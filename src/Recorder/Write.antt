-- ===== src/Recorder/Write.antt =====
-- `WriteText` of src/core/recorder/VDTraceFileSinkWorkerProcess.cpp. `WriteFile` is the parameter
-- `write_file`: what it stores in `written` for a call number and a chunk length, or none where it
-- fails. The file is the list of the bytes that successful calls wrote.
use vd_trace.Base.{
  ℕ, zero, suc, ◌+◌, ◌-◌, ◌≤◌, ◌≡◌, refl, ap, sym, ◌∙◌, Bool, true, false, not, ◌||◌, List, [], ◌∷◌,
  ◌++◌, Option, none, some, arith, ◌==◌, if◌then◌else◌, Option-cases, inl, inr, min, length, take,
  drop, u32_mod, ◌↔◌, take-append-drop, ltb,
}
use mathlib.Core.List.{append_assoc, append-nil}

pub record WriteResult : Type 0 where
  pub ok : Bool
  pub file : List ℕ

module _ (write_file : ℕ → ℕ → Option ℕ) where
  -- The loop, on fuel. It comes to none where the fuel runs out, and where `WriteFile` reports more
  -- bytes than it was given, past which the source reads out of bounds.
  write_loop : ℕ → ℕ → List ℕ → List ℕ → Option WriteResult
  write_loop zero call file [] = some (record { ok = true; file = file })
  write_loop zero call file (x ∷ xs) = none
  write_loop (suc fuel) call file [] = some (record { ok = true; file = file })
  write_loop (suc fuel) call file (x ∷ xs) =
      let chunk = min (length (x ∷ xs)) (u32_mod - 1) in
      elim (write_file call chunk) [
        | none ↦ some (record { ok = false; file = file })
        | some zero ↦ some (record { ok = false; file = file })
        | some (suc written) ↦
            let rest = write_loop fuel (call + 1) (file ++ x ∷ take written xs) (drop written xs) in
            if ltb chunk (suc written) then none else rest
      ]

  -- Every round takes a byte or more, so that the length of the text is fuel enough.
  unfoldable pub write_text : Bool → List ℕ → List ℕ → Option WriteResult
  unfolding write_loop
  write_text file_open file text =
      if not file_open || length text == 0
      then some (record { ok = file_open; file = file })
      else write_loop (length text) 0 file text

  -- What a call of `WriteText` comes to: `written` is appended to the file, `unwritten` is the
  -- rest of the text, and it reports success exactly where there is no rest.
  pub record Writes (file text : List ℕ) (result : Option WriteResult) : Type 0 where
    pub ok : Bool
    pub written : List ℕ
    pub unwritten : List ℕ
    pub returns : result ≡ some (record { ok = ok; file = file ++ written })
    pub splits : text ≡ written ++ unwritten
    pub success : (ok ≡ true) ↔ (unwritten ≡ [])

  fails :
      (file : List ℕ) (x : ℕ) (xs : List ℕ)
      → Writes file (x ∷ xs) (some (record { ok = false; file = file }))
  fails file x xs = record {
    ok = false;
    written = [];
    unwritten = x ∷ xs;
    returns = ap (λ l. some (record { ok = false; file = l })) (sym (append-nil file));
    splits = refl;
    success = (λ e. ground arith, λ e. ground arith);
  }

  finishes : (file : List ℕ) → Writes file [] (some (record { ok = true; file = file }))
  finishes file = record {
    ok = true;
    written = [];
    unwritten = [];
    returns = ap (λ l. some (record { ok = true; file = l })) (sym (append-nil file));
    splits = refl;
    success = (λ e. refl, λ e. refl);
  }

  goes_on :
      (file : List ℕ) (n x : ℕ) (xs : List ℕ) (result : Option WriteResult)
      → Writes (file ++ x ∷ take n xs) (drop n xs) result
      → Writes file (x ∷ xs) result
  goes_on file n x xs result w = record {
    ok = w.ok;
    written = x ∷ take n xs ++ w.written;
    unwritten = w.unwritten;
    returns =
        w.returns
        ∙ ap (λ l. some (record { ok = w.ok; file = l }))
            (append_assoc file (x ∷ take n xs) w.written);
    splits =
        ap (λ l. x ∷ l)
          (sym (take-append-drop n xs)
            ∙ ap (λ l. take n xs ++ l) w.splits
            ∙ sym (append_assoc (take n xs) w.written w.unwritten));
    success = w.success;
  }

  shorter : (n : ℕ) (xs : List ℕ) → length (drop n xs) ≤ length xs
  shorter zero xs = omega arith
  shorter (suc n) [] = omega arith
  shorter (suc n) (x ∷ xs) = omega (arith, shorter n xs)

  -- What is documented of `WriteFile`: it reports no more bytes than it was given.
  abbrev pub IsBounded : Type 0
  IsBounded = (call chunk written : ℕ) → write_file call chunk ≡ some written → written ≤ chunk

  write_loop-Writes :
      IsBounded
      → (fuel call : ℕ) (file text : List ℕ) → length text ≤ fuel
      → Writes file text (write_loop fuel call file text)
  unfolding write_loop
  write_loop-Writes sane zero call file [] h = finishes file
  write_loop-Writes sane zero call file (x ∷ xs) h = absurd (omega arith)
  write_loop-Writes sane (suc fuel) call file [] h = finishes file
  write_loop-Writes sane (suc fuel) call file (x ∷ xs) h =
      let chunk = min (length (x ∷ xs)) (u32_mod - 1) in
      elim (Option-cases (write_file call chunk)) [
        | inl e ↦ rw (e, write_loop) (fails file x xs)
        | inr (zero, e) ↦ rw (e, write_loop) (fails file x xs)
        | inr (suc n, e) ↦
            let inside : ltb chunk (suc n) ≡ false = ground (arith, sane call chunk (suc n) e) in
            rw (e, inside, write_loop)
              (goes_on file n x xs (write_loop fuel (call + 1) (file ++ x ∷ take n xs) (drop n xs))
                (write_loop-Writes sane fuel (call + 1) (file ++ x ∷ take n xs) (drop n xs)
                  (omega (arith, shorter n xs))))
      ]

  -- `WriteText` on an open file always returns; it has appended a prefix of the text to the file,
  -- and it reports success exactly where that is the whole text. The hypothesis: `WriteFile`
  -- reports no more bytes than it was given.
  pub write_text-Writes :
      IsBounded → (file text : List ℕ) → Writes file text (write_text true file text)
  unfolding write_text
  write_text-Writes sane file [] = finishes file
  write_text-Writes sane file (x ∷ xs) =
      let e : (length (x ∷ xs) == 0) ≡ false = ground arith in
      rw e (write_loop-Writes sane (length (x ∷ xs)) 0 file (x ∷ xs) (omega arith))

Task instructions.
Repeat every line of the listing, word for word.

Problem solution.
filename src/Recorder/Write.antt
-- ===== src/Recorder/Write.antt =====
-- `WriteText` of src/core/recorder/VDTraceFileSinkWorkerProcess.cpp. `WriteFile` is the parameter
-- `write_file`: what it stores in `written` for a call number and a chunk length, or none where it
-- fails. The file is the list of the bytes that successful calls wrote.
use vd_trace.Base.{
  ℕ, zero, suc, ◌+◌, ◌-◌, ◌≤◌, ◌≡◌, refl, ap, sym, ◌∙◌, Bool, true, false, not, ◌||◌, List, [], ◌∷◌,
  ◌++◌, Option, none, some, arith, ◌==◌, if◌then◌else◌, Option-cases, inl, inr, min, length, take,
  drop, u32_mod, ◌↔◌, take-append-drop, ltb,
}
use mathlib.Core.List.{append_assoc, append-nil}

pub record WriteResult : Type 0 where
  pub ok : Bool
  pub file : List ℕ

module _ (write_file : ℕ → ℕ → Option ℕ) where
  -- The loop, on fuel. It comes to none where the fuel runs out, and where `WriteFile` reports more
  -- bytes than it was given, past which the source reads out of bounds.
  write_loop : ℕ → ℕ → List ℕ → List ℕ → Option WriteResult
  write_loop zero call file [] = some (record { ok = true; file = file })
  write_loop zero call file (x ∷ xs) = none
  write_loop (suc fuel) call file [] = some (record { ok = true; file = file })
  write_loop (suc fuel) call file (x ∷ xs) =
      let chunk = min (length (x ∷ xs)) (u32_mod - 1) in
      elim (write_file call chunk) [
        | none ↦ some (record { ok = false; file = file })
        | some zero ↦ some (record { ok = false; file = file })
        | some (suc written) ↦
            let rest = write_loop fuel (call + 1) (file ++ x ∷ take written xs) (drop written xs) in
            if ltb chunk (suc written) then none else rest
      ]

  -- Every round takes a byte or more, so that the length of the text is fuel enough.
  unfoldable pub write_text : Bool → List ℕ → List ℕ → Option WriteResult
  unfolding write_loop
  write_text file_open file text =
      if not file_open || length text == 0
      then some (record { ok = file_open; file = file })
      else write_loop (length text) 0 file text

  -- What a call of `WriteText` comes to: `written` is appended to the file, `unwritten` is the
  -- rest of the text, and it reports success exactly where there is no rest.
  pub record Writes (file text : List ℕ) (result : Option WriteResult) : Type 0 where
    pub ok : Bool
    pub written : List ℕ
    pub unwritten : List ℕ
    pub returns : result ≡ some (record { ok = ok; file = file ++ written })
    pub splits : text ≡ written ++ unwritten
    pub success : (ok ≡ true) ↔ (unwritten ≡ [])

  fails :
      (file : List ℕ) (x : ℕ) (xs : List ℕ)
      → Writes file (x ∷ xs) (some (record { ok = false; file = file }))
  fails file x xs = record {
    ok = false;
    written = [];
    unwritten = x ∷ xs;
    returns = ap (λ l. some (record { ok = false; file = l })) (sym (append-nil file));
    splits = refl;
    success = (λ e. ground arith, λ e. ground arith);
  }

  finishes : (file : List ℕ) → Writes file [] (some (record { ok = true; file = file }))
  finishes file = record {
    ok = true;
    written = [];
    unwritten = [];
    returns = ap (λ l. some (record { ok = true; file = l })) (sym (append-nil file));
    splits = refl;
    success = (λ e. refl, λ e. refl);
  }

  goes_on :
      (file : List ℕ) (n x : ℕ) (xs : List ℕ) (result : Option WriteResult)
      → Writes (file ++ x ∷ take n xs) (drop n xs) result
      → Writes file (x ∷ xs) result
  goes_on file n x xs result w = record {
    ok = w.ok;
    written = x ∷ take n xs ++ w.written;
    unwritten = w.unwritten;
    returns =
        w.returns
        ∙ ap (λ l. some (record { ok = w.ok; file = l }))
            (append_assoc file (x ∷ take n xs) w.written);
    splits =
        ap (λ l. x ∷ l)
          (sym (take-append-drop n xs)
            ∙ ap (λ l. take n xs ++ l) w.splits
            ∙ sym (append_assoc (take n xs) w.written w.unwritten));
    success = w.success;
  }

  shorter : (n : ℕ) (xs : List ℕ) → length (drop n xs) ≤ length xs
  shorter zero xs = omega arith
  shorter (suc n) [] = omega arith
  shorter (suc n) (x ∷ xs) = omega (arith, shorter n xs)

  -- What is documented of `WriteFile`: it reports no more bytes than it was given.
  abbrev pub IsBounded : Type 0
  IsBounded = (call chunk written : ℕ) → write_file call chunk ≡ some written → written ≤ chunk

  write_loop-Writes :
      IsBounded
      → (fuel call : ℕ) (file text : List ℕ) → length text ≤ fuel
      → Writes file text (write_loop fuel call file text)
  unfolding write_loop
  write_loop-Writes sane zero call file [] h = finishes file
  write_loop-Writes sane zero call file (x ∷ xs) h = absurd (omega arith)
  write_loop-Writes sane (suc fuel) call file [] h = finishes file
  write_loop-Writes sane (suc fuel) call file (x ∷ xs) h =
      let chunk = min (length (x ∷ xs)) (u32_mod - 1) in
      elim (Option-cases (write_file call chunk)) [
        | inl e ↦ rw (e, write_loop) (fails file x xs)
        | inr (zero, e) ↦ rw (e, write_loop) (fails file x xs)
        | inr (suc n, e) ↦
            let inside : ltb chunk (suc n) ≡ false = ground (arith, sane call chunk (suc n) e) in
            rw (e, inside, write_loop)
              (goes_on file n x xs (write_loop fuel (call + 1) (file ++ x ∷ take n xs) (drop n xs))
                (write_loop-Writes sane fuel (call + 1) (file ++ x ∷ take n xs) (drop n xs)
                  (omega (arith, shorter n xs))))
      ]

  -- `WriteText` on an open file always returns; it has appended a prefix of the text to the file,
  -- and it reports success exactly where that is the whole text. The hypothesis: `WriteFile`
  -- reports no more bytes than it was given.
  pub write_text-Writes :
      IsBounded → (file text : List ℕ) → Writes file text (write_text true file text)
  unfolding write_text
  write_text-Writes sane file [] = finishes file
  write_text-Writes sane file (x ∷ xs) =
      let e : (length (x ∷ xs) == 0) ≡ false = ground arith in
      rw e (write_loop-Writes sane (length (x ∷ xs)) 0 file (x ∷ xs) (omega arith))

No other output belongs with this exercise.